German commentators have been tutting at the British government's hard line. But Germany needs to focus on its own, very serious racism problem which is being overlooked amid all the hype about its stable economy and well-organized social system.

The spot checks for illegal immigrants at British railway stations and Home Office vans telling immigrants to "go home" are intimidating and misguided - but anyone comparing it with Nazi Germany seriously needs to read up on their history.

German commentators have been tutting at the British government's hard line. But Germany needs to focus on its own, very serious racism problem which is being overlooked amid all the hype about its stable economy and well-organized social system.

If you're black or brown and fancy visiting Germany this summer, then bear in mind that parts of the former communist east, with its fairytale forests and castles, architectural jewels like Dresden and Weimar, and beautiful Baltic coastline are no-go areas for foreigners because of the risk of racist attacks by neo-Nazis.

That's not my statement: that was said by Uwe-Karsten Heye, chairman of a leading anti-racism NGO and a former government spokesman, in 2006.

It remains true today. There is one racist or anti-Semitic assault every day in Germany, and the per capita rate is highest in the east, where foreigners make up less than three percent of the population, according to police figures that campaigners say grossly understate the true level of violence.

Admittedly, that's just a fraction of the race hate crimes recorded in England and Wales -- 35,816 in 2011, according to government figures, of which 85 percent were violence against persons. But the numbers aren't comparable - if anything, they show Britain is taking racism seriously by logging it more diligently.

Ask immigrants here and you get stories of everyday discrimination. A decade ago, I wrote about an asylum-seeker from Cameroon who was accustomed to people making ape noises as he walked past. He said Potsdam, the city he lived in, was a "battleground" if you're black. In 2010, I interviewed a Turkish-born teacher who has lived in Germany for 44 years. Speaking perfect German, she told me she gets verbal abuse from passers-by on a daily basis because she wears a headscarf.

I have often wondered what the public response would be in Britain if a part of the country, say Scotland or Wales, the Midlands or the Northeast, gained the reputation of a no-go zone for non-whites. I like to think there would be a national outcry and a government-led campaign to address it.
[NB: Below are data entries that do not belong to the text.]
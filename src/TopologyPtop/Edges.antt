-- ===== src/TopologyPtop/Edges.antt =====
-- The loop over the edges of topology-ptop.cc: the sorted list, the set and the adjacency lists say
-- the same.
use mathlib.Core.Path.{ap₂}
use hypatia_multicast.Base.{
  ℕ, zero, suc, ◌+◌, ◌≤◌, ◌<◌, ◌≡◌, refl, sym, ap, subst, ◌∙◌, ◌⊎◌, List, [], ◌∷◌, ◌++◌, not,
  for_each, arith, ltb, ◌==◌, Bool-cases, inl, inr, length, In, if◌then◌else◌, get_or, replicate,
  length-set, length-append, length-replicate, get_or-set, get_elem?, or_throw, undefined,
  invalid_argument, Ensures, bind, guarded, returns, for_each-inv, Ascends, StrictOrder, insert_by,
  insert_by-Ascends, insert_by-In, In-insert_by, insert_set, In-insert_set_self, In-insert_set,
  insert_set-In, ==_iff,
}
use hypatia_multicast.ExpUtil.Text.{Text, split_string_expecting}
use hypatia_multicast.ExpUtil.Numbers.{parse_positive_int64}
use hypatia_multicast.Routing.Ecmp.{Edge}
use hypatia_multicast.TopologyPtop.{
  edge_lt, EdgeSets, add_neighbor, add_edge, parse_edge, insert_sorted, sort_edges,
}

pub edge_lt-StrictOrder : StrictOrder edge_lt
edge_lt-StrictOrder = record {
  irrefl = λ x e. ground (arith, e);
  trans = λ x y z e f. ground (arith, e, f);
  connected = λ x y e f. ap₂ (λ a b. (a, b)) (ground (arith, e, f)) (ground (arith, e, f));
}

sort_edges-append :
    (sorted es : List Edge) (e : Edge)
    → sort_edges sorted (es ++ e ∷ []) ≡ insert_sorted e (sort_edges sorted es)
unfolding sort_edges
sort_edges-append sorted [] e = refl
sort_edges-append sorted (f ∷ es) e = sort_edges-append (insert_sorted f sorted) es e

length-insert_sorted : (e : Edge) (es : List Edge) → length (insert_sorted e es) ≡ suc (length es)
unfolding insert_sorted
length-insert_sorted e [] = refl
length-insert_sorted e (f ∷ fs) = elim (Bool-cases (edge_lt e f)) [
  | inl before ↦ rw before
  | inr other ↦ rw other (ap suc (length-insert_sorted e fs))
]

pub length-sort_edges :
    (sorted es : List Edge) → length (sort_edges sorted es) ≡ length sorted + length es
unfolding sort_edges
length-sort_edges sorted [] = omega arith
length-sort_edges sorted (e ∷ es) =
    omega (arith, length-sort_edges (insert_sorted e sorted) es, length-insert_sorted e sorted)

-- An insertion that makes the set larger is an insertion into the sorted list.
insert_by-insert_sorted :
    (e : Edge) (es : List Edge)
    → (length (insert_by edge_lt e es) ≤ suc (length es))
      × (length (insert_by edge_lt e es) ≡ suc (length es)
          → insert_by edge_lt e es ≡ insert_sorted e es)
unfolding insert_by insert_sorted
insert_by-insert_sorted e [] = (omega arith, λ _. refl)
insert_by-insert_sorted e (f ∷ fs) =
    let (le, eq) = insert_by-insert_sorted e fs in
    elim (Bool-cases (edge_lt e f)) [
      | inl before ↦ rw before (omega arith, λ _. refl)
      | inr other ↦ elim (Bool-cases (edge_lt f e)) [
        | inl after ↦
            rw (other, after) (omega (arith, le), λ h. ap (λ fs'. f ∷ fs') (eq (omega (arith, h))))
        | inr same ↦ rw (other, same) (omega arith, λ h. absurd (omega (arith, h)))
      ]
    ]

-- The neighbours that a table has for a node.
abbrev pub neighbors_at : List (List ℕ) → ℕ → List ℕ
neighbors_at adjacency x = get_or adjacency x []

-- What holds after some edges.
pub record IsFilled (n : ℕ) (st : EdgeSets) : Type 0 where
  pub ascends : Ascends edge_lt st.edge_set
  pub no_larger : length st.edge_set ≤ length st.edges
  pub sorted : length st.edge_set ≡ length st.edges → sort_edges [] st.edges ≡ st.edge_set
  pub oriented : (a b : ℕ) → In (a, b) st.edge_set → (a < b) × (b < n)
  pub tables : length st.adjacency ≡ n
  pub sound :
      (x y : ℕ) → In y (neighbors_at st.adjacency x) → In (x, y) st.edge_set ⊎ In (y, x) st.edge_set
  pub complete :
      (x y : ℕ)
      → In (x, y) st.edge_set
      → In y (neighbors_at st.adjacency x) × In x (neighbors_at st.adjacency y)

neighbors_at-add_neighbor :
    (a b x : ℕ) (adjacency : List (List ℕ))
    → a < length adjacency
    → neighbors_at (add_neighbor a b adjacency) x
      ≡ (if a == x then insert_set b (neighbors_at adjacency a) else neighbors_at adjacency x)
unfolding add_neighbor
neighbors_at-add_neighbor a b x adjacency h = get_or-set adjacency a x _ [] h

length-add_neighbor :
    (a b : ℕ) (adjacency : List (List ℕ)) → length (add_neighbor a b adjacency) ≡ length adjacency
unfolding add_neighbor
length-add_neighbor a b adjacency = length-set adjacency a _

add_neighbor-In :
    (a b x y : ℕ) (adjacency : List (List ℕ))
    → a < length adjacency
    → In y (neighbors_at (add_neighbor a b adjacency) x)
    → ((a ≡ x) × (b ≡ y)) ⊎ In y (neighbors_at adjacency x)
add_neighbor-In a b x y adjacency h m =
    let m' = subst (In y) (neighbors_at-add_neighbor a b x adjacency h) m in
    elim (Bool-cases (a == x)) [
      | inl here ↦
          let ax : a ≡ x = (==_iff a x).0 here in
          elim (insert_set-In b y (neighbors_at adjacency a) (
            subst
              (λ t.
                In y
                  (if t then insert_set b (neighbors_at adjacency a) else neighbors_at adjacency x))
              here m')) [
                | inl e ↦ inl (ax, sym e)
                | inr l ↦ inr (subst (λ w. In y (neighbors_at adjacency w)) ax l)
              ]
      | inr there ↦ inr (
          subst
            (λ t.
              In y
                (if t then insert_set b (neighbors_at adjacency a) else neighbors_at adjacency x))
            there m')
    ]

In-add_neighbor :
    (a b x y : ℕ) (adjacency : List (List ℕ))
    → a < length adjacency
    → ((a ≡ x) × (b ≡ y)) ⊎ In y (neighbors_at adjacency x)
    → In y (neighbors_at (add_neighbor a b adjacency) x)
In-add_neighbor a b x y adjacency h m =
    subst (In y) (sym (neighbors_at-add_neighbor a b x adjacency h)) (elim (Bool-cases (a == x)) [
      | inl here ↦
          let ax : a ≡ x = (==_iff a x).0 here in
          rw here (elim m [
            | inl e ↦
                subst (λ w. In w (insert_set b (neighbors_at adjacency a))) e.1
                  (In-insert_set_self b (neighbors_at adjacency a))
            | inr l ↦
                In-insert_set b y (neighbors_at adjacency a)
                  (subst (λ w. In y (neighbors_at adjacency w)) (sym ax) l)
          ])
      | inr there ↦ rw there (elim m [ inl e ↦ absurd (ground (arith, e.0, there)) | inr l ↦ l ])
    ])

add_edge-IsFilled :
    (n a b : ℕ) (st : EdgeSets) → a < b → b < n → IsFilled n st → IsFilled n (add_edge a b st)
unfolding add_edge
add_edge-IsFilled n a b st ab bn v =
    let (le, eq) = insert_by-insert_sorted (a, b) st.edge_set in
    let longer = length-append {0} st.edges ((a, b) ∷ []) in
    let ha : a < length st.adjacency = omega (arith, v.tables) in
    let hb : b < length (add_neighbor a b st.adjacency) =
      omega (arith, length-add_neighbor a b st.adjacency, v.tables) in
    let older = λ (e : Edge) (m : In e st.edge_set).
      In-insert_by edge_lt edge_lt-StrictOrder (a, b) e st.edge_set (inr m) in
    let newest = In-insert_by edge_lt edge_lt-StrictOrder (a, b) (a, b) st.edge_set (inl refl) in
    record {
      ascends = insert_by-Ascends edge_lt edge_lt-StrictOrder (a, b) st.edge_set v.ascends;
      no_larger = omega (arith, le, longer, v.no_larger);
      sorted = λ h.
          let same : length st.edge_set ≡ length st.edges =
            omega (arith, h, le, longer, v.no_larger) in
          sort_edges-append [] st.edges (a, b)
          ∙ ap (insert_sorted (a, b)) (v.sorted same)
          ∙ sym (eq (omega (arith, h, same, longer)));
      oriented = λ c d m.
          elim (insert_by-In edge_lt edge_lt-StrictOrder (a, b) (c, d) st.edge_set m) [
            | inl e ↦ (
              ground (arith, ap (λ (p : Edge). p.0) e, ap (λ (p : Edge). p.1) e),
              ground (arith, ap (λ (p : Edge). p.1) e),
            )
            | inr l ↦ v.oriented c d l
          ];
      tables =
          length-add_neighbor b a (add_neighbor a b st.adjacency)
          ∙ length-add_neighbor a b st.adjacency
          ∙ v.tables;
      sound = λ x y m. elim (add_neighbor-In b a x y _ hb m) [
        | inl e ↦ inr (
            subst (λ (p : Edge). In p (insert_by edge_lt (a, b) st.edge_set))
              (ap₂ (λ c d. (c, d)) e.1 e.0) newest)
        | inr l ↦ elim (add_neighbor-In a b x y _ ha l) [
          | inl e ↦ inl (
              subst (λ (p : Edge). In p (insert_by edge_lt (a, b) st.edge_set))
                (ap₂ (λ c d. (c, d)) e.0 e.1) newest)
          | inr k ↦ elim (v.sound x y k) [ inl j ↦ inl (older _ j) | inr j ↦ inr (older _ j) ]
        ]
      ];
      complete = λ x y m.
          elim (insert_by-In edge_lt edge_lt-StrictOrder (a, b) (x, y) st.edge_set m) [
            | inl e ↦
                let xa : a ≡ x = sym (ap (λ (p : Edge). p.0) e) in
                let yb : b ≡ y = sym (ap (λ (p : Edge). p.1) e) in
                (
                  In-add_neighbor b a x y _ hb (inr (In-add_neighbor a b x y _ ha (inl (xa, yb)))),
                  In-add_neighbor b a y x _ hb (inl (yb, xa)),
                )
            | inr l ↦
                let (p, q) = v.complete x y l in
                (
                  In-add_neighbor b a x y _ hb (inr (In-add_neighbor a b x y _ ha (inr p))),
                  In-add_neighbor b a y x _ hb (inr (In-add_neighbor a b y x _ ha (inr q))),
                )
          ];
    }

neighbors_at-replicate : (n x : ℕ) → neighbors_at (replicate n []) x ≡ []
neighbors_at-replicate zero x = refl
neighbors_at-replicate (suc n) zero = refl
neighbors_at-replicate (suc n) (suc x) = neighbors_at-replicate n x

parse_edge-IsFilled :
    (n : ℕ) (st : EdgeSets) (s : Text) → IsFilled n st → Ensures (IsFilled n) (parse_edge n st s)
unfolding parse_edge
parse_edge-IsFilled n st s v = bind (split_string_expecting s (b'-' ∷ []) 2) _ λ spl _.
    bind (or_throw (get_elem? spl 0) undefined) _ λ left _.
      bind (parse_positive_int64 left) _ λ a _.
        bind (or_throw (get_elem? spl 1) undefined) _ λ right _.
          bind (parse_positive_int64 right) _ λ b _. guarded (a == b) invalid_argument _ λ apart.
            guarded (not (ltb a n)) invalid_argument _ λ left_ok.
              guarded (not (ltb b n)) invalid_argument _ λ right_ok.
                guarded (ltb b a) invalid_argument _ λ in_order.
                  returns (add_edge a b st)
                    (add_edge-IsFilled n a b st (ground arith) (ground arith) v)

pub parse_edges-IsFilled :
    (n : ℕ) (string_set : List Text)
    → Ensures (IsFilled n) (
        for_each
          (parse_edge n)
          (record { edges = []; edge_set = []; adjacency = replicate n [] })
          string_set)
unfolding sort_edges
parse_edges-IsFilled n string_set =
    for_each-inv (IsFilled n) (parse_edge n) (parse_edge-IsFilled n) _ string_set (record {
      ascends = tt;
      no_larger = omega arith;
      sorted = λ _. refl;
      oriented = λ a b m. absurd m;
      tables = length-replicate n [];
      sound = λ x y m. absurd (subst (In y) (neighbors_at-replicate n x) m);
      complete = λ x y m. absurd m;
    })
The Stephen Lawrence murder in 1993 and the initial acquittal of the suspects led to a huge uproar and eventually resulted in reforms that changed British society.

By contrast, Germany, envied by many Britons these days, has had scores of Stephen Lawrences since 1990 - and has done very little about it. Estimates put the number of deaths from far-right violence since 1990 at close to 200.

The victims include Amadeu Antonio, an Angolan worker who suffered fatal head injuries when he was attacked by skinheads in 1990. Or Algerian asylum seeker Farid Guendoul, who bled to death in 1999 after cutting his leg on a glass door while being chased through the eastern town of Guben.

Or the eight Turks and one Greek- ordinary shopkeepers including a flower seller, a grocer and a tailor -shot dead in a killing spree by a neo-Nazi group between 2000 and 2006. The same pistol was used in all the murders, but astoundingly, the police refused to consider racism as a motive.

The alleged perpetrators of those shootings -members of the "National Socialist Underground" (NSU) group - were discovered by chance in 2011.

The case is a huge blow to Germany's reputation, exposing authorities as institutionally racist and blind to the neo-Nazi threat.

Public outrage was brief. And even though a parliamentary committee looking into the botched murder investigation is due to report its findings shortly, there is no sign that much will change.

Too often still, racist assaults don't get investigated or punished vigorously enough. Anti-racism groups complain of a lack of funding and political support.

Yet Chancellor Angela Merkel, about to win a third term in the September 22 election, has done little about it. She doesn't have to. Most voters don't really care because they don't feel threatened by it.

Neo-Nazis are a particular problem in the east because the region suffered huge upheaval after unification in 1990, and immigrants became scapegoats for all that was going wrong. Young men with poor job prospects were especially receptive to far-right ideology and Nazi hero worship.

In many towns and villages, neo-Nazi groups are the only pastime for young people. They run clubs and organize children's fetes and rock concerts. They're even trying to get a say in the management of kindergartens.

The problem is exacerbated by a lack of resistance to far-right thinking in the east. Generations of West Germans were taught to accept national responsibility for the crimes of the Third Reich. It was different in East Germany. The fascist past, children were taught, had nothing to do with them.

The eastern economy has improved. But the neo-Nazis are still there, and have become more entrenched. The extremist NPD party is represented in two state parliaments and in many town and village councils.

I started writing about the far right when I moved to Berlin in 2001 as chief correspondent for Reuters. Even back then, analysts warned that it was being underestimated and had become a terrorist threat.

But if international awareness of Germany's racism problem increases, Mrs Merkel might finally feel compelled to do something about it. It's high time she did. You get racist, far-right whackos everywhere - but Germany, which perpetrated the Holocaust, should have zero tolerance towards its new Nazis.